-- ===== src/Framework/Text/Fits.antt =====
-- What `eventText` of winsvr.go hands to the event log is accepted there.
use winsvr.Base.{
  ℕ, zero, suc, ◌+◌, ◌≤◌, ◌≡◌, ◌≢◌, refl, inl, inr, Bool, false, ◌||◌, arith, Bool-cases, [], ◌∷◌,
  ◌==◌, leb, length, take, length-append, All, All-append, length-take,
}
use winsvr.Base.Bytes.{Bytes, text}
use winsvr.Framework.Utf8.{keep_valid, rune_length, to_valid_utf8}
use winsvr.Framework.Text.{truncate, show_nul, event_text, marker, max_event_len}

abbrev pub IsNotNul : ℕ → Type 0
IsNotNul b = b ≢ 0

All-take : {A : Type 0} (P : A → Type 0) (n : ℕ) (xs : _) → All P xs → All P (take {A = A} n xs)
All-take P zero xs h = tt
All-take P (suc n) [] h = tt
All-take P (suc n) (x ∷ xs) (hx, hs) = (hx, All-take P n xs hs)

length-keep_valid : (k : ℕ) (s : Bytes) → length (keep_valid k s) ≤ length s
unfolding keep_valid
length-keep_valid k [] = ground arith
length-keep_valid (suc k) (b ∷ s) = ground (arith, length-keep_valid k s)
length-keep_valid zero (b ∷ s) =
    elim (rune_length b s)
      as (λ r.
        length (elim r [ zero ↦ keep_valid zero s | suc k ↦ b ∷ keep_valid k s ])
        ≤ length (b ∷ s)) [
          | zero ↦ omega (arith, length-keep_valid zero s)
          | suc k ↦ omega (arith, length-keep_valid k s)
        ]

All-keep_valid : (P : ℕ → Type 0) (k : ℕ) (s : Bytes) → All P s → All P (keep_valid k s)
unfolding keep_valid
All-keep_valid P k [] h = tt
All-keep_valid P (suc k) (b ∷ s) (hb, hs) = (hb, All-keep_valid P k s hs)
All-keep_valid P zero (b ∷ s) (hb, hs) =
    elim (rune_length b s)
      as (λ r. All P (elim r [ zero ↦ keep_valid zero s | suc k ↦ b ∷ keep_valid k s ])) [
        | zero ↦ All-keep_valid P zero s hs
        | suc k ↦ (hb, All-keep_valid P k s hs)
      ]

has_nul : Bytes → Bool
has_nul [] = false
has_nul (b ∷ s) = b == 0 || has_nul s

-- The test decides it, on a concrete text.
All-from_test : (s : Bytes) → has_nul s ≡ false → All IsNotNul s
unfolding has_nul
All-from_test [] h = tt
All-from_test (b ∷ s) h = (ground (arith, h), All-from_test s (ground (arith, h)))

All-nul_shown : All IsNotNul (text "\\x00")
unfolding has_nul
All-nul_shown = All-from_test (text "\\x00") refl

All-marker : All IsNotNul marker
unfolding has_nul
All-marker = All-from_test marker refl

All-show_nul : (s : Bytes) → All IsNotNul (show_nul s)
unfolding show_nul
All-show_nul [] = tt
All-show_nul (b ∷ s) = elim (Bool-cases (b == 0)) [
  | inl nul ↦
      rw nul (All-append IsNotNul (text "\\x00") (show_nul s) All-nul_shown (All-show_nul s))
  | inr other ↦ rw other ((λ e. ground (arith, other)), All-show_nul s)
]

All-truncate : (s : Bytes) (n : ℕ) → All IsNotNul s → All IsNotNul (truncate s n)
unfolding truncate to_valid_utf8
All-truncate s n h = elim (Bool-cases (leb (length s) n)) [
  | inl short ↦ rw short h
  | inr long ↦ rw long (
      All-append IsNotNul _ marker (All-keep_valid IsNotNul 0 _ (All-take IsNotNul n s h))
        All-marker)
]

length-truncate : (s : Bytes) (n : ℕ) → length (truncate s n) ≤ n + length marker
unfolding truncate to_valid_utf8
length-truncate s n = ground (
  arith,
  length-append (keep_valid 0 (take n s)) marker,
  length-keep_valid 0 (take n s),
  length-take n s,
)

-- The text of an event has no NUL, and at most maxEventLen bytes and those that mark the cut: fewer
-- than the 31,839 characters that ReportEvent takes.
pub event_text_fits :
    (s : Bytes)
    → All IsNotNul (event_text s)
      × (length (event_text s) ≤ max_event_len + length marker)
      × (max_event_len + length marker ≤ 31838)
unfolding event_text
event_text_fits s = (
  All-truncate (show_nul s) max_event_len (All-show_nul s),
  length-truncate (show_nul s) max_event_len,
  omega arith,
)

What you have to do ▸ Every line from the first through the one containing "All-show_nul : (s" in the listing above must be given again exactly, with nothing else alongside.

Solution for this problem ▸
-- ===== src/Framework/Text/Fits.antt =====
-- What `eventText` of winsvr.go hands to the event log is accepted there.
use winsvr.Base.{
  ℕ, zero, suc, ◌+◌, ◌≤◌, ◌≡◌, ◌≢◌, refl, inl, inr, Bool, false, ◌||◌, arith, Bool-cases, [], ◌∷◌,
  ◌==◌, leb, length, take, length-append, All, All-append, length-take,
}
use winsvr.Base.Bytes.{Bytes, text}
use winsvr.Framework.Utf8.{keep_valid, rune_length, to_valid_utf8}
use winsvr.Framework.Text.{truncate, show_nul, event_text, marker, max_event_len}

abbrev pub IsNotNul : ℕ → Type 0
IsNotNul b = b ≢ 0

All-take : {A : Type 0} (P : A → Type 0) (n : ℕ) (xs : _) → All P xs → All P (take {A = A} n xs)
All-take P zero xs h = tt
All-take P (suc n) [] h = tt
All-take P (suc n) (x ∷ xs) (hx, hs) = (hx, All-take P n xs hs)

length-keep_valid : (k : ℕ) (s : Bytes) → length (keep_valid k s) ≤ length s
unfolding keep_valid
length-keep_valid k [] = ground arith
length-keep_valid (suc k) (b ∷ s) = ground (arith, length-keep_valid k s)
length-keep_valid zero (b ∷ s) =
    elim (rune_length b s)
      as (λ r.
        length (elim r [ zero ↦ keep_valid zero s | suc k ↦ b ∷ keep_valid k s ])
        ≤ length (b ∷ s)) [
          | zero ↦ omega (arith, length-keep_valid zero s)
          | suc k ↦ omega (arith, length-keep_valid k s)
        ]

All-keep_valid : (P : ℕ → Type 0) (k : ℕ) (s : Bytes) → All P s → All P (keep_valid k s)
unfolding keep_valid
All-keep_valid P k [] h = tt
All-keep_valid P (suc k) (b ∷ s) (hb, hs) = (hb, All-keep_valid P k s hs)
All-keep_valid P zero (b ∷ s) (hb, hs) =
    elim (rune_length b s)
      as (λ r. All P (elim r [ zero ↦ keep_valid zero s | suc k ↦ b ∷ keep_valid k s ])) [
        | zero ↦ All-keep_valid P zero s hs
        | suc k ↦ (hb, All-keep_valid P k s hs)
      ]

has_nul : Bytes → Bool
has_nul [] = false
has_nul (b ∷ s) = b == 0 || has_nul s

-- The test decides it, on a concrete text.
All-from_test : (s : Bytes) → has_nul s ≡ false → All IsNotNul s
unfolding has_nul
All-from_test [] h = tt
All-from_test (b ∷ s) h = (ground (arith, h), All-from_test s (ground (arith, h)))

All-nul_shown : All IsNotNul (text "\\x00")
unfolding has_nul
All-nul_shown = All-from_test (text "\\x00") refl

All-marker : All IsNotNul marker
unfolding has_nul
All-marker = All-from_test marker refl

All-show_nul : (s : Bytes) → All IsNotNul (show_nul s)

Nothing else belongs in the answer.